Part of the Khronos Group
OpenGL.org

The Industry's Foundation for High Performance Graphics

from games to virtual reality, mobile phones to supercomputers

Page 1 of 2 12 LastLast
Results 1 to 10 of 15

Thread: User Clipping planes on GF4

  1. #1
    Advanced Member Frequent Contributor
    Join Date
    Apr 2000
    Posts
    748

    User Clipping planes on GF4

    Ti 4600.

    I've trying to render my scene to a texture for a water effect. It works well, but i need one user-defined clipping plane to avoid drawing pixels over the water plane, when drawing the reflection.

    I thought that clipping planes were hardware accelerated at the expense of 1 TMU for 2 clip planes. I only use TMU0 for diffuse texture maps, and it's slow as hell. We're speaking of a framerate drop from 100 fps to 5 fps here, with standard opengl calls or with VAR, no matter.

    I could use pixel shaders and the texkill instruction to do that, but i want to know if there's a work around first. It just seems overkill to use pixel shaders for that SIMPLE effect! Maybe a ZBuffer trick? Any idea?

    Y.

  2. #2
    Advanced Member Frequent Contributor
    Join Date
    Feb 2000
    Location
    San Diego, CA, USA
    Posts
    769

    Re: User Clipping planes on GF4

    On Geforce3/4, geometry-based clip planes are slow. It sucks. If you want to clip geometry, it's better to do it yourself before sending it to the card.
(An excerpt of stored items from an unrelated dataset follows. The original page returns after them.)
-- ===== src/Eval/Golden/Individuals.antt =====
-- CASES of eval/generate_golden_set.py. The individuals that the system decides.
use kyc_agent_nordvik.Prelude.{true, false, none, some, [], ◌∷◌}
use kyc_agent_nordvik.Python.{Python}
use kyc_agent_nordvik.Eval.Golden.{
  CaseDict, individual_package, id_card, invoice, bank_statement, case,
}

module _ (py : Python) where
  abbrev pub clean_individual_1 : CaseDict
  clean_individual_1 =
      case "clean-individual-1" "Typical clean individual onboarding" true
        (individual_package "Anna Virtanen" "1991-03-14" "Kalevankatu 12 A 5, 00100 Helsinki" 2500
          (id_card "Anna Virtanen" "14.03.1991" "FIN-8842517" "01.05.2030" "REPUBLIC OF FINLAND"
            "FI" "")
          (some (
            invoice py "Anna Virtanen" "Kalevankatu 12 A 5, 00100 Helsinki" "10.05.2026"
              "Helen Oy")))
        "approve" "system" false ("ALL_CHECKS_PASSED" ∷ [])
        (some (
          (
            "doc-id",
            (("full_name", "Anna Virtanen")
                ∷ ("date_of_birth", "1991-03-14")
                ∷ ("document_number", "FIN-8842517")
                ∷ ("expiry_date", "2030-05-01")
                ∷ ("nationality", "FI")
                ∷ []),
          )
          ∷ (
            "doc-poa",
            (("full_name", "Anna Virtanen")
                ∷ ("address", "Kalevankatu 12 A 5, 00100 Helsinki")
                ∷ ("issue_date", "2026-05-10")
                ∷ ("issuer", "Helen Oy")
                ∷ []),
          )
          ∷ []))

  abbrev pub clean_individual_2 : CaseDict
  clean_individual_2 =
      case "clean-individual-2" "Clean individual, bank statement as proof of address" true
        (individual_package "Mikael Korhonen" "1987-11-02" "Itamerenkatu 3 B 21, 00180 Helsinki"
          4200
          (id_card "Mikael Korhonen" "02.11.1987" "FIN-5521904" "17.09.2031" "REPUBLIC OF FINLAND"
            "FI" "")
          (some (
            bank_statement py "Mikael Korhonen" "Itamerenkatu 3 B 21, 00180 Helsinki" "01.06.2026"
              "Nordea Bank Abp")))
        "approve" "system" false ("ALL_CHECKS_PASSED" ∷ [])
        (some (
          (
            "doc-id",
            (("full_name", "Mikael Korhonen")
                ∷ ("date_of_birth", "1987-11-02")
                ∷ ("document_number", "FIN-5521904")
                ∷ ("expiry_date", "2031-09-17")
                ∷ ("nationality", "FI")
                ∷ []),
          )
          ∷ (
            "doc-poa",
            (("full_name", "Mikael Korhonen")
                ∷ ("address", "Itamerenkatu 3 B 21, 00180 Helsinki")
                ∷ ("issue_date", "2026-06-01")
                ∷ ("issuer", "Nordea Bank Abp")
                ∷ []),
          )
          ∷ []))

  abbrev pub clean_individual_3 : CaseDict
  clean_individual_3 =
      case "clean-individual-3" "Clean individual onboarding" true
        (individual_package "Sofia Lehtinen" "1995-06-27" "Puistokatu 8 C 14, 20100 Turku" 1800
          (id_card "Sofia Lehtinen" "27.06.1995" "FIN-7710382" "23.02.2029" "REPUBLIC OF FINLAND"
            "FI" "")
          (some (
            invoice py "Sofia Lehtinen" "Puistokatu 8 C 14, 20100 Turku" "05.06.2026"
              "Turku Energia")))
        "approve" "system" false ("ALL_CHECKS_PASSED" ∷ [])
        (some (
          (
            "doc-id",
            (("full_name", "Sofia Lehtinen")
                ∷ ("date_of_birth", "1995-06-27")
                ∷ ("document_number", "FIN-7710382")
                ∷ ("expiry_date", "2029-02-23")
                ∷ ("nationality", "FI")
                ∷ []),
          )
          ∷ []))

  abbrev pub clean_individual_4 : CaseDict
  clean_individual_4 =
      case "clean-individual-4" "Clean individual onboarding" true
        (individual_package "Ville Niemi" "1983-01-19" "Rautatienkatu 21 A 2, 33100 Tampere" 3100
          (id_card "Ville Niemi" "19.01.1983" "FIN-3308571" "11.11.2028" "REPUBLIC OF FINLAND" "FI"
            "")
          (some (
            invoice py "Ville Niemi" "Rautatienkatu 21 A 2, 33100 Tampere" "20.05.2026"
              "Tampereen Sahkolaitos")))
        "approve" "system" false ("ALL_CHECKS_PASSED" ∷ [])
        (some (
          (
            "doc-id",
            (("full_name", "Ville Niemi")
                ∷ ("date_of_birth", "1983-01-19")
                ∷ ("document_number", "FIN-3308571")
                ∷ ("expiry_date", "2028-11-11")
                ∷ ("nationality", "FI")
                ∷ []),
          )
          ∷ []))

  abbrev pub clean_individual_5 : CaseDict
  clean_individual_5 =
      case "clean-individual-5" "Clean individual onboarding" true
        (individual_package "Laura Makela" "1990-08-08" "Satamakatu 5 D 33, 90100 Oulu" 2200
          (id_card "Laura Makela" "08.08.1990" "FIN-9174205" "30.06.2032" "REPUBLIC OF FINLAND" "FI"
            "")
          (some (
            bank_statement py "Laura Makela" "Satamakatu 5 D 33, 90100 Oulu" "15.06.2026"
              "OP Bank")))
        "approve" "system" false ("ALL_CHECKS_PASSED" ∷ [])
        (some (
          (
            "doc-id",
            (("full_name", "Laura Makela")
                ∷ ("date_of_birth", "1990-08-08")
                ∷ ("document_number", "FIN-9174205")
                ∷ ("expiry_date", "2032-06-30")
                ∷ ("nationality", "FI")
                ∷ []),
          )
          ∷ []))

  abbrev pub address_mismatch_warning : CaseDict
  address_mismatch_warning =
      case "address-mismatch-warning"
        "Address on the bill differs from the declared one: warning only, still auto" true
        (individual_package "Noora Hakala" "1992-04-03" "Koulukatu 17 B 9, 65100 Vaasa" 2000
          (id_card "Noora Hakala" "03.04.1992" "FIN-6650913" "14.03.2030" "REPUBLIC OF FINLAND" "FI"
            "")
          (some (
            invoice py "Noora Hakala" "Vanha Maantie 2 F 51, 02650 Espoo" "01.06.2026" "Helen Oy")))
        "approve" "system" false ("ALL_CHECKS_PASSED" ∷ []) none

  abbrev pub expired_document : CaseDict
  expired_document =
      case "expired-document" "ID document expired: deterministic auto-reject" true
        (individual_package "Jukka Salminen" "1979-12-30" "Kirkkokatu 4 A 1, 70100 Kuopio" 2600
          (id_card "Jukka Salminen" "30.12.1979" "FIN-2209166" "01.05.2024" "REPUBLIC OF FINLAND"
            "FI" "")
          (some (
            invoice py "Jukka Salminen" "Kirkkokatu 4 A 1, 70100 Kuopio" "02.06.2026"
              "Kuopion Energia")))
        "reject" "system" false ("DOCUMENT_EXPIRED" ∷ []) none

  abbrev pub incomplete_package : CaseDict
  incomplete_package =
      case "incomplete-package" "Proof of address missing: auto-reject, client may resubmit" true
        (individual_package "Emil Nyberg" "1998-02-15" "Linnankatu 30 E 44, 20100 Turku" 1500
          (id_card "Emil Nyberg" "15.02.1998" "FIN-4127850" "09.01.2031" "REPUBLIC OF FINLAND" "FI"
            "")
          none)
        "reject" "system" false ("INCOMPLETE_PACKAGE" ∷ []) none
    If you want to use texture units and auto texcoord generation to clip geometry, you have to set it up explicitly, not through the glClipPlane mechanism.

    -- Zeno

  3. #3
    Junior Member Regular Contributor
    Join Date
    Jul 2000
    Posts
    205

    Re: User Clipping planes on GF4

    I found that you can use the near clip pane as an arbitrary plane by modifying your projection matrix like this:

    p[0][2] = plane.x
    p[1][2] = plane.y
    p[2][2] = plane.z + 1
    p[3][2] = -plane.w

    This is for an infinite projection matrix (no far clip pane).
    As you would expect, z precision suffers at grazing angles and if you work it out you'll see that this matrix doesn't always use the full upper NDC range for depth, I have come up with a way to improve this but it's kind of messy. I know it's not a very complete answer but it works. I wanted to research it more but I haven't had the time. I have done some research and I do use it so I suppose I could tell you a little more if you want.
    I also have a ti 4600 but I'm quite confident it'll work on any card (it's just a matrix).
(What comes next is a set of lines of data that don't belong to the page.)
-- ===== src/Eval/Golden/Escalations.antt =====
-- CASES of eval/generate_golden_set.py. The individuals that are to be escalated.
use kyc_agent_nordvik.Prelude.{true, false, none, some, [], ◌∷◌, concat}
use kyc_agent_nordvik.Python.{Python}
use kyc_agent_nordvik.Eval.Golden.{
  CaseDict, individual_package, id_card, invoice, bank_statement, garbage, case,
}

module _ (py : Python) where
  abbrev pub name_mismatch_critical : CaseDict
  name_mismatch_critical =
      case "name-mismatch-critical"
        "Declared name does not match the ID document: mandatory escalation" true
        (individual_package "Elena Sokolova" "1988-07-21" "Bulevardi 11 A 7, 00120 Helsinki" 3000
          (id_card "Boris Petrov" "21.07.1988" "EST-1190447" "28.10.2029" "REPUBLIC OF ESTONIA" "EE"
            "")
          (some (
            invoice py "Elena Sokolova" "Bulevardi 11 A 7, 00120 Helsinki" "03.06.2026"
              "Helen Oy")))
        "escalate" "human" true ("CRITICAL_MISMATCH" ∷ []) none

  abbrev pub sanctions_hit : CaseDict
  sanctions_hit =
      case "sanctions-hit" "Applicant matches the sanctions registry: mandatory escalation" true
        (individual_package "Viktor Salo" "1969-11-03" "Tehtaankatu 19 B 16, 00150 Helsinki" 4000
          (id_card "Viktor Salo" "03.11.1969" "FIN-1055821" "07.07.2030" "REPUBLIC OF FINLAND" "FI"
            "")
          (some (
            invoice py "Viktor Salo" "Tehtaankatu 19 B 16, 00150 Helsinki" "11.06.2026"
              "Helen Oy")))
        "escalate" "human" true ("SANCTIONS_HIT" ∷ []) none

  abbrev pub pep_match : CaseDict
  pep_match =
      case "pep-match" "Applicant is a politically exposed person: mandatory escalation" false
        (individual_package "Maarika Kask" "1975-05-16" "Narva mnt 7-12, 10117 Tallinn" 5200
          (id_card "Maarika Kask" "16.05.1975" "EST-8834012" "19.04.2031" "REPUBLIC OF ESTONIA" "EE"
            "")
          (some (
            invoice py "Maarika Kask" "Narva mnt 7-12, 10117 Tallinn" "07.06.2026"
              "Eesti Energia")))
        "escalate" "human" true ("PEP_MATCH" ∷ []) none

  abbrev pub high_volume : CaseDict
  high_volume =
      case "high-volume"
        "Declared monthly volume above the individual threshold: mandatory escalation" true
        (individual_package "Tomas Berg" "1981-09-09" "Norra Esplanaden 25 A 3, 00100 Helsinki"
          15000
          (id_card "Tomas Berg" "09.09.1981" "SWE-6614708" "22.08.2030" "KINGDOM OF SWEDEN" "SE" "")
          (some (
            bank_statement py "Tomas Berg" "Norra Esplanaden 25 A 3, 00100 Helsinki" "28.05.2026"
              "Nordea Bank Abp")))
        "escalate" "human" true ("HIGH_VOLUME" ∷ []) none

  abbrev pub corrupted_document : CaseDict
  corrupted_document =
      case "corrupted-document" "Unreadable ID scan: graceful degradation to human review" true
        (individual_package "Henrik Laine" "1986-10-25" "Hameenkatu 12 C 8, 33200 Tampere" 2700
          garbage
          (some
            (invoice py "Henrik Laine" "Hameenkatu 12 C 8, 33200 Tampere" "09.06.2026" "Helen Oy")))
        "escalate" "human" true ("DEGRADED_TO_MANUAL" ∷ []) none

  abbrev pub hallucination_bait : CaseDict
  hallucination_bait =
      case "hallucination-bait" "Extractor hallucination (injected): only the evaluator catches it"
        false
        (individual_package "Anna Virtanen" "1991-03-14" "Kalevankatu 12 A 5, 00100 Helsinki" 2400
          (concat (
            (id_card "Anja Wirtanen" "14.03.1991" "FIN-8842517" "01.05.2030" "REPUBLIC OF FINLAND"
              "FI" "")
            ∷ "\n[OCR-GLITCH:full_name=Anna Virtanen]"
            ∷ []))
          (some (
            invoice py "Anna Virtanen" "Kalevankatu 12 A 5, 00100 Helsinki" "12.06.2026"
              "Helen Oy")))
        "escalate" "human" true ("CRITICAL_MISMATCH" ∷ []) none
    P.S. forget user clip planes on consumer hardware, the terrible performance is the least of it, try doing some multipass...

  4. #4
    Senior Member OpenGL Guru Humus's Avatar
    Join Date
    Mar 2000
    Location
    Stockholm, Sweden
    Posts
    2,444

    Re: User Clipping planes on GF4

    I'm pretty certain slow performance on user clip planes is a nVidia thing only. Several ATi demos use it and it seams to be fast enough.

  5. #5
    Advanced Member Frequent Contributor
    Join Date
    Apr 2000
    Posts
    748

    Re: User Clipping planes on GF4

    Thanks for the answers. I have no speed loss on ATI cards, only NVidia. Madoc, i tried your projection matrix trick, and it works to some extent.. but there's some horrible kind of popping ( i suppose Z-Fighting ) in the reflection, and i haven't find any good set of parameters to lessen it. It's just not usable as it is now Zeno, i can't do the clipping myself, it would just be too slow (the scene is non-trivial). How do you set up explicitly a clip plane ( i just need one ) ?

    Y.

  6. #6
    Junior Member Newbie
    Join Date
    Jan 2002
    Posts
    15

    Re: User Clipping planes on GF4

    I use stencil buffer when I draw the water plane ...

  7. #7
    Intern Contributor
    Join Date
    Mar 2001
    Location
    Duplje, Slovenija
    Posts
    76

    Re: User Clipping planes on GF4

    Did anyone get user defined clipping planes to even work with ARB_vertex_program (with position invariant option) on nVidia HW?

  8. #8
    Advanced Member Frequent Contributor
    Join Date
    Apr 2000
    Posts
    748

    Re: User Clipping planes on GF4

    Gdo, i also use the stencil buffer, but that is not the problem. You need to clip the geometry that is under the water level (or upper the water level when it's reflected) to get correct reflections.

    Y.

  9. #9
    Advanced Member Frequent Contributor
    Join Date
    Dec 2002
    Location
    Espoo, Finland
    Posts
    599

    Re: User Clipping planes on GF4

    Can't you just use an 1d-texture and alpha test to do the clipping? You know, like what you would do to eliminate backprojection with projected shadow textures.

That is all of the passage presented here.